-- TRY IT --
The required answer is each line in the entries below where "Text" occurs.

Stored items
===

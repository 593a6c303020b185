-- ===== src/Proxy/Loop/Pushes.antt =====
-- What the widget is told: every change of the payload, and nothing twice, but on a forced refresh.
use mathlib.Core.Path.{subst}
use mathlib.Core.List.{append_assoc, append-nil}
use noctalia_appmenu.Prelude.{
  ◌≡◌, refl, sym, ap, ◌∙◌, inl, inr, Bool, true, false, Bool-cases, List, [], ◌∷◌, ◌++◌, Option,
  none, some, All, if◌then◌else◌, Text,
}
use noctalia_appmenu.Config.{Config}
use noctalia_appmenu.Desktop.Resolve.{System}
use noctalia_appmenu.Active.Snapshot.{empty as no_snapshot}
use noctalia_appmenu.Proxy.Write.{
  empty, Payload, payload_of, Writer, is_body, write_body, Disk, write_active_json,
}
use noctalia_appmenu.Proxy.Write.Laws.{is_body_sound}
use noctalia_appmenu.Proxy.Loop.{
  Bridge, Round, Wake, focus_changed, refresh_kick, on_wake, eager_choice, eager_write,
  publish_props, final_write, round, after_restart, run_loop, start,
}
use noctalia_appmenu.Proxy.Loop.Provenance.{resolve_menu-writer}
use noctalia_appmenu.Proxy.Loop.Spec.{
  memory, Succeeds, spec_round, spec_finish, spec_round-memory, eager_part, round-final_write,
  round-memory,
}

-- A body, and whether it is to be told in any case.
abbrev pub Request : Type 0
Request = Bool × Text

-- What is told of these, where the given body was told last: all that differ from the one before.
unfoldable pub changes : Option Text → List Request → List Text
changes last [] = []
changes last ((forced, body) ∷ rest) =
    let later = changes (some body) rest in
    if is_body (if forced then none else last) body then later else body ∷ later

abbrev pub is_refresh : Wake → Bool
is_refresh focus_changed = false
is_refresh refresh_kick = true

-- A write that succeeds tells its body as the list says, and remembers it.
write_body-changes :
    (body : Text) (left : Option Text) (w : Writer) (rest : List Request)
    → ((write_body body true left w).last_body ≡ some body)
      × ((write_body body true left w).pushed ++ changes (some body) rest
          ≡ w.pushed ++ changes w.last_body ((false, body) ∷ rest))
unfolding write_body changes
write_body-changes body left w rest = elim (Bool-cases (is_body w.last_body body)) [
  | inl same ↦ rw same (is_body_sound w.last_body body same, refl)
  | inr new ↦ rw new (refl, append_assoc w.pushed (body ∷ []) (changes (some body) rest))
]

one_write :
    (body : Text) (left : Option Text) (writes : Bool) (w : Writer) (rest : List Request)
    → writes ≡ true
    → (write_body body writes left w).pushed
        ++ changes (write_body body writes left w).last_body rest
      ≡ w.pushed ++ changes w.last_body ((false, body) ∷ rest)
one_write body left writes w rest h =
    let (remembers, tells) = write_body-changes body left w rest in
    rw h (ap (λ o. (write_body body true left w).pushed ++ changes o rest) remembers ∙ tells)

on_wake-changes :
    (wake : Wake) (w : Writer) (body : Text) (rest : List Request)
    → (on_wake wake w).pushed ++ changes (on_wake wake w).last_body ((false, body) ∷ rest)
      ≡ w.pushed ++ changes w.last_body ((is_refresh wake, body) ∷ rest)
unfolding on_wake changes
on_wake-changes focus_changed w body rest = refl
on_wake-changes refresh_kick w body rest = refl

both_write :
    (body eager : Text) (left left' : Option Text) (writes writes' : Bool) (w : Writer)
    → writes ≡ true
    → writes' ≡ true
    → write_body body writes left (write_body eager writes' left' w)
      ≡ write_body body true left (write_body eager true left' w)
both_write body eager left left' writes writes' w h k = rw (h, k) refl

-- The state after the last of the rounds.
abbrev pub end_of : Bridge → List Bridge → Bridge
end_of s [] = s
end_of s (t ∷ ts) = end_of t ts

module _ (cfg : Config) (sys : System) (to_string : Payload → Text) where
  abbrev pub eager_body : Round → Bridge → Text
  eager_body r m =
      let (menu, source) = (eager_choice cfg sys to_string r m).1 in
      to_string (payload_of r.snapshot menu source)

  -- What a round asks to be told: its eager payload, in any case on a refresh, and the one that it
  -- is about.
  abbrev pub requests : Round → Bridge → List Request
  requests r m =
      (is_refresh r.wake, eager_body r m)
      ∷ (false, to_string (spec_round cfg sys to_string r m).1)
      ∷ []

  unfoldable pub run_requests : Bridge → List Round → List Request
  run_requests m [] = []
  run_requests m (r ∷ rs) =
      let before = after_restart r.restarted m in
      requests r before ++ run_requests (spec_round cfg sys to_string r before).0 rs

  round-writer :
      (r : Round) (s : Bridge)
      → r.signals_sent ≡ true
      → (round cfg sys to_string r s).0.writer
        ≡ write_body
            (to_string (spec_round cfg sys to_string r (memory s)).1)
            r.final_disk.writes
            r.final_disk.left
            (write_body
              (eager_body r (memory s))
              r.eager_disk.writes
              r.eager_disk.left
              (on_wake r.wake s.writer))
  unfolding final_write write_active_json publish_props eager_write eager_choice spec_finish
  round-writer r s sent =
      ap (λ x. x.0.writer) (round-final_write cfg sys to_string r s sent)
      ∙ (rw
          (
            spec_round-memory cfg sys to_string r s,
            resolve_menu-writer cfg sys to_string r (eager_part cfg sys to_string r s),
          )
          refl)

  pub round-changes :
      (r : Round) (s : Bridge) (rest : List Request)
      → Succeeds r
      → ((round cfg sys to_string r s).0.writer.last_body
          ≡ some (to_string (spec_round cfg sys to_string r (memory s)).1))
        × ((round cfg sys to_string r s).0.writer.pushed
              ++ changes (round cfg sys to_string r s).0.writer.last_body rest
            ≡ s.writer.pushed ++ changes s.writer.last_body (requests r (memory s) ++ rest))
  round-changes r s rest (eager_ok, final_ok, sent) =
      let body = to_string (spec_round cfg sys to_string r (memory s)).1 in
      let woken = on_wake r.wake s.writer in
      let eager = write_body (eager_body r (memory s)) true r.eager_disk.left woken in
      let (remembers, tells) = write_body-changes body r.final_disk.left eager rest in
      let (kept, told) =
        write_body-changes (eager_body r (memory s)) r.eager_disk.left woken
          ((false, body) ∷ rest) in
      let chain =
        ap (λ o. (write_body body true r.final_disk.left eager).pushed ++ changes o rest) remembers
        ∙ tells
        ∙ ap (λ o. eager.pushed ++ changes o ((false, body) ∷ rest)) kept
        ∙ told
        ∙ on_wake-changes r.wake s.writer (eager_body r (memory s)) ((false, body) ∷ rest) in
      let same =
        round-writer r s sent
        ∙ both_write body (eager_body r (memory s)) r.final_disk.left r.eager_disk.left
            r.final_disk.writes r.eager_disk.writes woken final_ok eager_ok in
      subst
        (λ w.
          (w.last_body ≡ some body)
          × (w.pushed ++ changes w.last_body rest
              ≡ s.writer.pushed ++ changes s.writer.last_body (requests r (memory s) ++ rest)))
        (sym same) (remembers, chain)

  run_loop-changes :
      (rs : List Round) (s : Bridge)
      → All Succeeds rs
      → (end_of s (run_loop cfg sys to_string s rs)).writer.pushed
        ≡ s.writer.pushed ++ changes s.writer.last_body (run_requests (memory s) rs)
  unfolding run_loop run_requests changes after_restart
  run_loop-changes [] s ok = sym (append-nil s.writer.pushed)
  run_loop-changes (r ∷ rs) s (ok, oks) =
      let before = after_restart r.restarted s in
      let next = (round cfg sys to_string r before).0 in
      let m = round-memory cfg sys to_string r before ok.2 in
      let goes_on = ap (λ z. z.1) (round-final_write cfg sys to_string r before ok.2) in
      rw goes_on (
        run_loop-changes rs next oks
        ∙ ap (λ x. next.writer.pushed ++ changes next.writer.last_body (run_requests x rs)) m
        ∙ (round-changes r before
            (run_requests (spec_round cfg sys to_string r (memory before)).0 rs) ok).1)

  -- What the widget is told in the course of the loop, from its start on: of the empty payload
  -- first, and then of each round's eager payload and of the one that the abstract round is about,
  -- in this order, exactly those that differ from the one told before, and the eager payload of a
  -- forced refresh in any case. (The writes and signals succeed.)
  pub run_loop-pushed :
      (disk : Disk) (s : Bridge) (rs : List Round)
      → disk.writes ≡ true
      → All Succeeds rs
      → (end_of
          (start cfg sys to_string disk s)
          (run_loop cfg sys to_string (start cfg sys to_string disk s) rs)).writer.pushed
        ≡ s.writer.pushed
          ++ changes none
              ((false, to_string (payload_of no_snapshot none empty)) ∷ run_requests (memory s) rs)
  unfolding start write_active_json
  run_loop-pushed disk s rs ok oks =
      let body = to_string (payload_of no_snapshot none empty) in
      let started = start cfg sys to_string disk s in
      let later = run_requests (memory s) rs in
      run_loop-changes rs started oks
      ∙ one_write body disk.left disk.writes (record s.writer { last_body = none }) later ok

===

-- EXPECTED OUTPUT --
  none, some, All, if◌then◌else◌, Text,
Request = Bool × Text
unfoldable pub changes : Option Text → List Request → List Text
    (body : Text) (left : Option Text) (w : Writer) (rest : List Request)
    (body : Text) (left : Option Text) (writes : Bool) (w : Writer) (rest : List Request)
    (wake : Wake) (w : Writer) (body : Text) (rest : List Request)
    (body eager : Text) (left left' : Option Text) (writes writes' : Bool) (w : Writer)
module _ (cfg : Config) (sys : System) (to_string : Payload → Text) where
  abbrev pub eager_body : Round → Bridge → Text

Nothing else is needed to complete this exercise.